Da gibt der rote Polizeichef dem abtrünnigen Judas zwei Befehle: er soll dem Bischof das rote Ehrenkleid des Märtyrers mit dem schwarzen Kleid des Sträflings vertauschen und ihn weit außerhalb der Stadt, aber nicht auf dem Missionsfriedhof, beerdigen. Die mutigen Christen aber gruben den Toten aus und bahrten ihn wieder in der Kathedrale auf. Der Abtrünnige, mit dem Sträflingskleid unter dem Arm, wagte nicht, die Kathedrale zu betreten, noch viel weniger seinem Bischof das Ehrenkleid mit dem Schandkleid zu vertauschen. Da zischte der Polizeichef einen Franziskanerbruder an: „Ich mache Dich unter Todesstrafe dafür verantwortlich, daß kein roter Faden mehr im Sarge zu finden ist.“
Da legte man dem toten Erzbischof das weiße Ehrenkleid des Bekennerbischofs an. Wie sinnvoll: In der Ahrweiler Laurentiuskirche zeigt das Wandgemälde rechts vom Kreuzaltar den hl. Bekennerbischof St. Martin, wie er im weißen Gewände zum Himmel fährt. So erhielt auch unser Bischof, St. Martin gleich, ein weißes Gewand.
Und dann ging der lange Triumphzug mit drei Musikkapellen zur Grabstätte, aber nicht an dem kleinen Notgrab des freigebigen „Tobias“ hielt der lange Zug. Es ging weiter zu einem frisch ausgehauenen Felsengrab, das die frommen Christen ihrem Erzbischof schnell, aber würdevoll, ausgemeißelt hatten.
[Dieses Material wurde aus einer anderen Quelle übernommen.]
-- ===== src/Examples.antt =====
-- Concrete runs at which the theorems apply.
pub mod Exports
pub mod Reducers
pub mod Devices
pub mod Filters
pub mod Sources
pub mod Tasks
pub mod Details
pub mod Routes
pub mod Searches
pub mod Mutations
pub mod Admin
pub mod Policies
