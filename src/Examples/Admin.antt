-- ===== src/Examples/Admin.antt =====
-- Runs of administrative mutations, src/domain/admin_mutation.rs.
use tale.Prelude.{
  ◌≡◌, refl, Text, codes, text_eq, some, none, arith, List, [], ◌∷◌, true, false, Subsequence, find,
  lookup, put,
}
use tale.Action.Id.{admin_device_delete}
use tale.AdminMutation.Change.{AdminResourceLockKey, device, device_routes}
use tale.AdminMutation.Lifecycle.{
  AdminMutationState, editing, preflighting, conflict_detected, awaiting_confirmation, dispatching,
  verifying, correlating_audit, succeeded, failed, transition, transitions, can_transition,
  terminal, success_needs_preflight,
}
use tale.AdminMutation.Preflight.{compare_preflight, FieldConflict, report, compare_preflight_lem}
use tale.AdminMutation.Locks.{
  AdminResourceLocks, AdminResourceLockLease, has_lock, acquire, drop_lease, lock_key,
}
use tale.AdminMutation.Holding.{drop_lease-acquire}
use tale.AdminMutation.Exclusion.{
  Call, acquires, holds, releases, run, by_try_hold, ask, owner_excludes,
}
use tale.AdminMutation.Batch.{
  BatchTarget, BatchMutation, verified_success, new, record_outcome, has_failures,
}

failed_ended : terminal failed ≡ true
unfolding terminal
failed_ended = refl

abbrev whole_life : List AdminMutationState
whole_life =
    dispatching ∷ preflighting ∷ conflict_detected ∷ preflighting ∷ awaiting_confirmation
    ∷ dispatching ∷ verifying ∷ correlating_audit ∷ succeeded ∷ []

whole_life_succeeds : transitions editing whole_life ≡ succeeded
unfolding transition can_transition
whole_life_succeeds = refl

success_needs_preflight_example :
    Subsequence
      (preflighting ∷ awaiting_confirmation ∷ dispatching ∷ verifying ∷ correlating_audit
        ∷ succeeded ∷ [])
      whole_life
success_needs_preflight_example = success_needs_preflight whole_life whole_life_succeeds

abbrev base_fields : List (Text × Text)
base_fields = (codes "name", codes "old") ∷ []

abbrev fresh_fields : List (Text × Text)
fresh_fields = (codes "name", codes "changed") ∷ []

compare_preflight_lem_example :
    find
      (λ (c : FieldConflict). text_eq c.field (codes "name"))
      (compare_preflight base_fields fresh_fields [])
    ≡ report base_fields fresh_fields [] (codes "name")
compare_preflight_lem_example = compare_preflight_lem base_fields fresh_fields [] (codes "name")

abbrev device_a : AdminResourceLockKey
device_a = record { profile = codes "ops"; kind = device; resource_id = codes "device-a" }

abbrev routes_a : AdminResourceLockKey
routes_a = record { profile = codes "ops"; kind = device_routes; resource_id = codes "device-a" }

abbrev locks : AdminResourceLocks
locks = (device_a, 1) ∷ []

locks-device_a : lookup device_a locks ≡ some 1
unfolding lookup text_eq
locks-device_a = refl

abbrev calls : List Call
calls = acquires 3 (routes_a ∷ device_a ∷ []) ∷ releases 3 ∷ holds 1 (routes_a ∷ []) ∷ []

asked : has_lock device_a (routes_a ∷ device_a ∷ []) ≡ true
unfolding text_eq
asked = refl

owner_excludes_example :
    ask by_try_hold 2 (routes_a ∷ device_a ∷ []) (run locks calls) ≡ (run locks calls, false)
owner_excludes_example =
    owner_excludes 1 2 device_a (routes_a ∷ device_a ∷ []) locks calls by_try_hold (refl, tt)
      locks-device_a (tt, ((λ e. absurd (omega (arith, e))), (tt, tt)))
      (λ e. absurd (omega (arith, e))) asked

abbrev lease : AdminResourceLockLease
lease = record { mutation_id = 2; keys = routes_a ∷ [] }

routes_granted : (acquire 2 (routes_a ∷ []) []).1 ≡ some lease
unfolding acquire lookup
routes_granted = refl

abbrev no_locks : AdminResourceLocks
no_locks = []

nobody :
    (key : AdminResourceLockKey) → has_lock key (routes_a ∷ []) ≡ true → lookup key no_locks ≡ none
unfolding lookup
nobody key h = refl

drop_lease-acquire_example :
    lookup routes_a (drop_lease lease (acquire 2 (routes_a ∷ []) []).0) ≡ lookup routes_a []
drop_lease-acquire_example =
    drop_lease-acquire 2 (routes_a ∷ []) [] lease tt nobody routes_granted routes_a

abbrev batch_targets : List BatchTarget
batch_targets =
    record { target_id = codes "a"; target_label = codes "A"; requested_change = [] }
    ∷ record { target_id = codes "a"; target_label = codes "again"; requested_change = [] }
    ∷ []

abbrev batch : BatchMutation
batch = record_outcome (new 1 admin_device_delete batch_targets 9) (codes "a") verified_success

batch_fine : has_failures batch ≡ false
unfolding has_failures record_outcome new put
batch_fine = refl

abbrev others : List Call
others = acquires 3 (device_a ∷ []) ∷ releases 3 ∷ []
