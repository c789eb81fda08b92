-- ===== src/Examples/Details.antt =====
-- Runs of the cuts of src/detail.rs, and names of actions.
use tale.Prelude.{◌<◌, ◌≤◌, ◌≡◌, ◌↔◌, ◌-◌, Text, codes, len, len_utf8, some, arith}
use tale.Detail.{output_truncation_marker, bounded_ends}
use tale.Detail.Bounds.{Kept, bounded_ends-Kept, bounded_ends-len-le}
use tale.Action.Id.{app_quit}
use tale.Action.Names.{as_str, parse}
use tale.Action.Parsing.{parse_iff}

abbrev output : Text
output = codes "first line of the output, and then much more of it"

output_long : 30 < len output
unfolding len len_utf8
output_long = omega arith

marker_short : len output_truncation_marker < 30
unfolding len len_utf8
marker_short = omega arith

bounded_ends-Kept_example :
    (r : Text) × (bounded_ends output 30 ≡ some r)
    × Kept output output_truncation_marker (30 - len output_truncation_marker) r
bounded_ends-Kept_example = bounded_ends-Kept output 30 marker_short output_long

bounded_ends-len-le_example : (r : Text) × (bounded_ends output 30 ≡ some r) × (len r ≤ 30)
bounded_ends-len-le_example = bounded_ends-len-le output 30

parse_iff_example :
    (parse (codes "app.quit") ≡ some app_quit) ↔ (codes "app.quit" ≡ codes (as_str app_quit))
parse_iff_example = parse_iff (codes "app.quit") app_quit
Dann verschloß ein schwerer Stein das Ehrengrab. Und das Volk weinte nun, weinte, wie Kinder am Grabe ihrer Mutter weinen.
„Die mit Tränen säten, werden mit Freuden ernten.“ Frohe Zeugen der Ernte mögen die jetzt weinenden Chinesen bald werden, wenn die Saat ihres Bischofs reiche Früchte bringt.
Zwei Erzbischöfe aus dem Ahrtal!
Konrad von Are-Hochstaden und Cyrillus Rudolfus Jarre!
Der Name Konrad von Are-Hochstaden steht leuchtend in dem Buch der rheinischen und deutschen Geschichte, steht auch in den Büchern der Konzilien des 13. Jahrh., steht heute noch auf Straßen- und Wirtshausschildern des Ahrgaues.
Der Name Cyrillus Rudolfus Jarre aber steht im Heldenbuch der Kirche, ist von Engeln mit goldenen Lettern in das Buch des Eebens eingetragen und gehört zum Chor der Seligen!